You can also shoot Open B, Known 50 and Known 45. All these classes are 290 fps for 2013.


----------



## Hoosier bowman (Jan 10, 2010)

RickT said:


> You can also shoot Open B, Known 50 and Known 45. All these classes are 290 fps for 2013.


How much of a difference in winning scores between Open B and Open A?


----------



## clemsongrad (Jan 18, 2009)

You would have to look at asa scores on their website.. But i think Open B scores are higher due to one day being known distance, also a 40 yrd max on Open B... Open A is max 45 but we shoot the semi-pro course most of the time which should max at 50... but they tend to stretch this to 52-54 on some targets... plus a lot of quartering shots..


----------



## bhtr3d (Feb 13, 2004)

Open b is a 45 yard class....open a is a 45 yard class....has an can have a target or 2 up to 50.. The only difference between a an b is open a is all unknown.... B is 20 unknown 20 known....also there has not been any that have been 54 yards


----------



## bhtr3d (Feb 13, 2004)

I had some more answers to your questions...but texting on a phone is a pain to me. 

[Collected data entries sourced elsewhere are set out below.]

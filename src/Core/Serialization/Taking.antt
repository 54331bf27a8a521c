-- ===== src/Core/Serialization/Taking.antt =====
-- The decoder of crates/keymesh-core/src/serialization/mod.rs, from its results: a read that
-- succeeds took exactly the encoding of its value off the buffer.
use mathlib.Core.Path.{ap₂}
use key_mesh.Prelude.{
  ℕ, ◌^◌, ◌<◌, ◌≡◌, refl, sym, ap, ◌∙◌, List, [], ◌∷◌, ◌++◌, length, drop, drop-drop, ◌≤◌, All,
  arith, inl, inr, Bool-cases, ltb, if◌then◌else◌, append_assoc, get_or, get_or-drop,
}
use key_mesh.Prelude.Bytes.{to_be_bytes, from_be_bytes, IsByte}
use key_mesh.Prelude.Outcome.{Result, ok, err}
use key_mesh.Core.Errors.{KeymeshError}
use key_mesh.Core.Serialization.{
  Decoder, remaining, slice, advance, read_u8, read_u32, read_u64, take_declared, read_bytes,
}
use key_mesh.Core.Serialization.Decoding.{
  rest, remaining-length, slice-length, slice-rest, slice-to_be_bytes,
}

pub record Took (d : Decoder) (bytes : List ℕ) (e : Decoder) : Type 0 where
  pub same_buf : e.buf ≡ d.buf
  pub taken : rest d ≡ bytes ++ rest e

pub Took-trans :
    {d e f : Decoder} {xs ys : List ℕ} → Took d xs e → Took e ys f → Took d (xs ++ ys) f
Took-trans {d} {e} {f} {xs} {ys} s t = record {
  same_buf = t.same_buf ∙ s.same_buf;
  taken = s.taken ∙ ap (◌++◌ xs) t.taken ∙ sym (append_assoc xs ys (rest f));
}

-- The shape that `read_u32` and `read_u64` share.
number-ok :
    (n v : ℕ) (msg : KeymeshError) (d e : Decoder)
    → All IsByte d.buf
    → ◌≡◌ {A = Result ℕ KeymeshError × Decoder}
        (if ltb (remaining d) n
          then (err msg, d)
          else (ok (from_be_bytes (slice n d)), advance n d))
        (ok v, e)
    → Took d (to_be_bytes n v) e × (v < 256 ^ n)
number-ok n v msg d e bytes h = elim (Bool-cases (ltb (remaining d) n)) [
  | inl short ↦ cc (rw short at h)
  | inr enough ↦
      let value : from_be_bytes (slice n d) ≡ v = ground arith in
      let there : advance n d ≡ e = ground arith in
      let (taken, fits) = slice-to_be_bytes n d enough bytes in
      rw (← there, ← value) (record { same_buf = refl; taken = taken }, fits)
]

first_byte : (xs : List ℕ) → 1 ≤ length xs → xs ≡ get_or xs 0 0 ∷ drop 1 xs
first_byte [] h = absurd (omega arith)
first_byte (x ∷ xs) h = refl

module _ (d e : Decoder) (bytes : All IsByte d.buf) where
  pub read_u64-ok : (v : ℕ) → read_u64 d ≡ (ok v, e) → Took d (to_be_bytes 8 v) e × (v < 2 ^ 64)
  unfolding read_u64
  read_u64-ok v h = number-ok 8 v _ d e bytes h

  pub read_u32-ok : (v : ℕ) → read_u32 d ≡ (ok v, e) → Took d (to_be_bytes 4 v) e × (v < 2 ^ 32)
  unfolding read_u32
  read_u32-ok v h = number-ok 4 v _ d e bytes h

  pub read_u8-ok : (v : ℕ) → read_u8 d ≡ (ok v, e) → Took d (v ∷ []) e
  unfolding read_u8
  read_u8-ok v h = elim (Bool-cases (ltb (remaining d) 1)) [
    | inl short ↦ cc (rw short at h)
    | inr enough ↦
        let value : get_or d.buf d.pos 0 ≡ v = ground arith in
        let there : advance 1 d ≡ e = ground arith in
        let nonempty : 1 ≤ length (rest d) = ground (arith, remaining-length d) in
        rw (← there, ← value)
          (record {
            same_buf = refl;
            taken =
                first_byte (rest d) nonempty
                ∙ ap₂ ◌∷◌ (sym (get_or-drop d.buf d.pos 0)) (drop-drop d.pos 1 d.buf);
          })
  ]

take_declared-ok :
    (len : ℕ) (value : List ℕ) (d e : Decoder)
    → take_declared len d ≡ (ok value, e)
    → Took d value e × (length value ≡ len)
unfolding take_declared
take_declared-ok len value d e h = elim (Bool-cases (ltb (remaining d) len)) [
  | inl short ↦ cc (rw short at h)
  | inr enough ↦
      let part : slice len d ≡ value = ground arith in
      let there : advance len d ≡ e = ground arith in
      rw (← there, ← part)
        (record { same_buf = refl; taken = slice-rest len d enough }, slice-length len d enough)
]

pub read_bytes-ok :
    (d e : Decoder) (value : List ℕ)
    → All IsByte d.buf
    → read_bytes d ≡ (ok value, e)
    → Took d (to_be_bytes 4 (length value) ++ value) e × (length value < 2 ^ 32)
unfolding read_bytes
read_bytes-ok d e value bytes h = go (read_u32 d) refl
  where
    go :
        (r : Result ℕ KeymeshError × Decoder)
        → read_u32 d ≡ r
        → Took d (to_be_bytes 4 (length value) ++ value) e × (length value < 2 ^ 32)
    go (ok len, f) p =
        let (prefix, fits) = read_u32-ok d f bytes len p in
        let (body, exact) = take_declared-ok len value f e (rw (p, read_bytes) at h) in
        rw exact (Took-trans prefix body, fits)
    go (err m, f) p = cc (rw (p, read_bytes) at h)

To answer your question about the scores: Open B scores as a whole generally are a little higher....for the fact of the known distance thing along with the 14 ring . With the elimiation of the 14s the scores will roughly be about the same as towards the top teir of each of the classes. 

Shooting ASA is a little different in regards to having stradegy format for yourself. For example....knowing how your bow shoots and knowing that its best to aim in the upper center right/left of the 10 ring to float it into the 12 ring....


----------



## clemsongrad (Jan 18, 2009)

bhtr3d said:


> Open b is a 45 yard class....open a is a 45 yard class....has an can have a target or 2 up to 50.. The only difference between a an b is open a is all unknown.... B is 20 unknown 20 known....also there has not been any that have been 54 yards


thanks for the correction on the open B distance rules..


----------



## bowjoe1800 (Sep 8, 2008)

You might consider Open C to get your feet wet in the ASA. A reality check could come real quick in open A or Open B.


----------



## bhtr3d (Feb 13, 2004)

bowjoe1800 said:


> You might consider Open C to get your feet wet in the ASA. A reality check could come real quick in open A or Open B.


Are you saying that ASA shooters are more skilled at shooting 3d then ibo shooters?


----------



## Hoosier bowman (Jan 10, 2010)

bhtr3d said:


> Open b is a 45 yard class....open a is a 45 yard class....has an can have a target or 2 up to 50.. The only difference between a an b is open a is all unknown.... B is 20 unknown 20 known....also there has not been any that have been 54 yards


I don't want to shoot any know so it looks like Open A is for me.


----------



## Hoosier bowman (Jan 10, 2010)

bowjoe1800 said:


> You might consider Open C to get your feet wet in the ASA. A reality check could come real quick in open A or Open B.


I want to stay as similar to MBO as I can. Open A is for me.


----------



## bowjoe1800 (Sep 8, 2008)

No, I am saying there is a big difference going from shooting center 11's to 12's in the lower edge.


----------



## Hoosier bowman (Jan 10, 2010)

bowjoe1800 said:


> No, I am saying there is a big difference going from shooting center 11's to 12's in the lower edge.


Yup. I realize this and I'm sure I'm not the only one who shoots MBO and Open A. I'll be fine.


----------



## bhtr3d (Feb 13, 2004)

Hoosier bowman said:


> Yup. I realize this and I'm sure I'm not the only one who shoots MBO and Open A. I'll be fine.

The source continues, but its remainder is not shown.